Et pourtant, elle tourne !

Tout le monde aujourd'hui sait que la Terre est ronde, et toute autre suggestion serait tournée en ridicule. Pourtant, au tout début du XVIIe siècle, tout le monde était persuadé du contraire, et c'est l'idée d'une Terre ronde qui était tournée en ridicule, voire violemment attaquée. Si cet évènement a sans doute été l'une des plus importante remise en cause des croyances populaires de l'histoire de l'humanité, ce n'est ni la première, ni la dernière... Plus récemment, il y a eu la télévision, le vol d'engins plus lourds que l'air, les voyages spatiaux, etc. Autant d'idées auxquelles nul n'accordait crédit lorsqu'elles ont été énoncées, et qui sont aujourd'hui monnaie courante.

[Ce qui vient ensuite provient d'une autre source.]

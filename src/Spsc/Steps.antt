-- ===== src/Spsc/Steps.antt =====
-- The two threads of `SPSCQueue`, one access to shared memory at a time. The atomics are taken as
-- sequentially consistent: each index has one writer, and its release store is read by an acquire
-- load, so a thread that sees an index sees the cell writes before it.
use cpp_concurrency_toolbox.Base.{ℕ, ◌≡◌, ◌≢◌, List, [], ◌∷◌, ◌++◌, update}
use cpp_concurrency_toolbox.Spsc.{Queue, next_index}

-- Where the producer stands in `try_emplace a`.
pub data Producer (A : Type 0) : Type 0 where
  idle : Producer A
  loaded_tail : (t : ℕ) (a : A) → Producer A
  loaded_head : (t h : ℕ) (a : A) → Producer A
  written : (t : ℕ) (a : A) → Producer A  -- before the store to `tail`

-- Where the consumer stands in `try_pop`.
pub data Consumer (A : Type 0) : Type 0 where
  idle : Consumer A
  loaded_head : (h : ℕ) → Consumer A
  loaded_tail : (h t : ℕ) → Consumer A
  taken : (h : ℕ) (a : A) → Consumer A  -- before the store to `head`

-- `log` is the history of the elements that have been published.
pub data Produce {A : Type 0} (m : Queue A) (log : List A)
    : Producer A → Queue A → List A → Producer A → Type 0 where
  load_tail : (a : A) → Produce m log Producer.idle m log (Producer.loaded_tail m.tail a)
  load_head :
      {t : ℕ} {a : A}
      → Produce m log (Producer.loaded_tail t a) m log (Producer.loaded_head t m.head a)
  refuse :
      {t h : ℕ} {a : A}
      → next_index m.capacity_mask t ≡ h
      → Produce m log (Producer.loaded_head t h a) m log Producer.idle
  write :
      {t h : ℕ} {a : A}
      → next_index m.capacity_mask t ≢ h
      → Produce m log
          (Producer.loaded_head t h a)
          (record m { buffer = update m.buffer t a })
          log
          (Producer.written t a)
  -- The constructor of the element throws, and the exception leaves the call.
  throw :
      {t h : ℕ} {a : A}
      → next_index m.capacity_mask t ≢ h
      → Produce m log (Producer.loaded_head t h a) m log Producer.idle
  publish :
      {t : ℕ} {a : A}
      → Produce m log
          (Producer.written t a)
          (record m { tail = next_index m.capacity_mask t })
          (log ++ (a ∷ []))
          Producer.idle

-- `got` is the history of the elements that the consumer has been given.
pub data Consume {A : Type 0} (moved : A → A) (m : Queue A) (got : List A)
    : Consumer A → Queue A → List A → Consumer A → Type 0 where
  load_head : Consume moved m got Consumer.idle m got (Consumer.loaded_head m.head)
  load_tail :
      {h : ℕ} → Consume moved m got (Consumer.loaded_head h) m got (Consumer.loaded_tail h m.tail)
  find_empty :
      {h t : ℕ} → h ≡ t → Consume moved m got (Consumer.loaded_tail h t) m got Consumer.idle
  take :
      {h t : ℕ}
      → h ≢ t
      → Consume moved m got
          (Consumer.loaded_tail h t)
          (record m { buffer = update m.buffer h (moved (m.buffer h)) })
          got
          (Consumer.taken h (m.buffer h))
  release :
      {h : ℕ} {a : A}
      → Consume moved m got
          (Consumer.taken h a)
          (record m { head = next_index m.capacity_mask h })
          (got ++ (a ∷ []))
          Consumer.idle

pub record System (A : Type 0) : Type 0 where
  pub mem : Queue A
  pub producer : Producer A
  pub consumer : Consumer A
  pub log : List A
  pub got : List A

pub data Step {A : Type 0} (moved : A → A) (s : System A) : System A → Type 0 where
  by_producer :
      {m : Queue A} {log : List A} {p : Producer A}
      → Produce s.mem s.log s.producer m log p
      → Step moved s (record s { mem = m; producer = p; log = log })
  by_consumer :
      {m : Queue A} {got : List A} {c : Consumer A}
      → Consume moved s.mem s.got s.consumer m got c
      → Step moved s (record s { mem = m; consumer = c; got = got })

abbrev pub start : {A : Type 0} → Queue A → System A
start m = record { mem = m; producer = Producer.idle; consumer = Consumer.idle; log = []; got = [] }

-- The systems that the two threads can reach from a constructed queue, in any interleaving.
pub data Reach {A : Type 0} (moved : A → A) (m : Queue A) : System A → Type 0 where
  begun : Reach moved m (start m)
  then_step : {s t : System A} → Reach moved m s → Step moved s t → Reach moved m t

Quelles leçons avons-nous tirées ?

Nous sommes maintenant au XXIe siècle. Les choses ont changé. Un jour, un des mes professeurs a dit à toute la classe : « Ne croyez pas tout ce que je vous dit. Je peux très bien me tromper, même sans le savoir. Ne prenez pas pour argent comptant tout ce que l'on vous dit, qui que soit celui qui vous le dit. Vos dirigeants, vos professeurs, et même vos parents sont capables de faire des erreurs, de vous dire des bêtises en étant persuadé du contraire. Soyez capable de douter de ce que l'on vous dit, soyez capable de remettre en question tout ce que vous croyez. » C'est l'une des leçons qui m'a le plus servi dans ma vie, une leçon qui paraît être la base de tout apprentissage, la base de toute recherche. Et pourtant, c'est la seule fois où je l'ai entendue sur toute la durée de mes études. Mais peut-être est-ce une évidence pour tout le monde...

Entre doute et paranoïa

Doit-on pour autant douter de tout ? J'ai eu une récente expérience dans une école où un rapport signalait la présence d'amiante, tout en précisant que, de part son emplacement, il ne représentait aucun danger. Certains parents, affolés, ont choisi de mettre en doute le résultat de ce rapport et ont demandé que l'on fasse enlever l'amiante de toute urgence. Pourtant, si l'on remet en cause ce fameux rapport, si l'on refuse de croire ce qu'il raconte, pourquoi en croire la partie où il est dit qu'il y a de l'amiante dans le bâtiment plutôt que celle où il est dit que cela est sans danger ?

Comment faire, donc, pour conserver cet esprit critique, sans tomber dans la paranoïa ? La méthode semble pourtant simple. Lorsqu'un doute est possible, on peut essayer de se renseigner auprès d'autres sources, et même, dans la mesure du possible, trouver les réponses par soi-même. Ce n'est qu'en agissant ainsi que l'on peut être vraiment objectif. Pourtant, est-ce ainsi que nous faisons tous ?

Le Père Noël n'existe pas

Certains d'entre vous se demandent certainement quel est donc le rapport entre l'espéranto, le 11 septembre et le Père Noël... En fait, les deux premiers représentent des exemples de sujets dit « chauds » et défendus uniquement par une minorité de gens. Plus précisément, une minorité espérantiste défend l'emploi de l'espéranto face à la majorité qui soutient l'anglais à tout prix. De même, une minorité de sceptiques mettent en doute la version officielle des États-Unis sur les attentats du 11 septembre. À chaque fois, la minorité s'efforce de présenter son point de vue à force de démonstrations, documentations, preuves même. A chaque fois, l'écrasante majorité répond à coups de mots parfois très durs, et pourtant souvent sans véritable argumentation. A chaque fois, on a l'impression d'être face à un enfant à qui l'on vient d'annoncer que le Père Noël n'existe pas, et qui se met en colère car il refuse d'entendre la vérité.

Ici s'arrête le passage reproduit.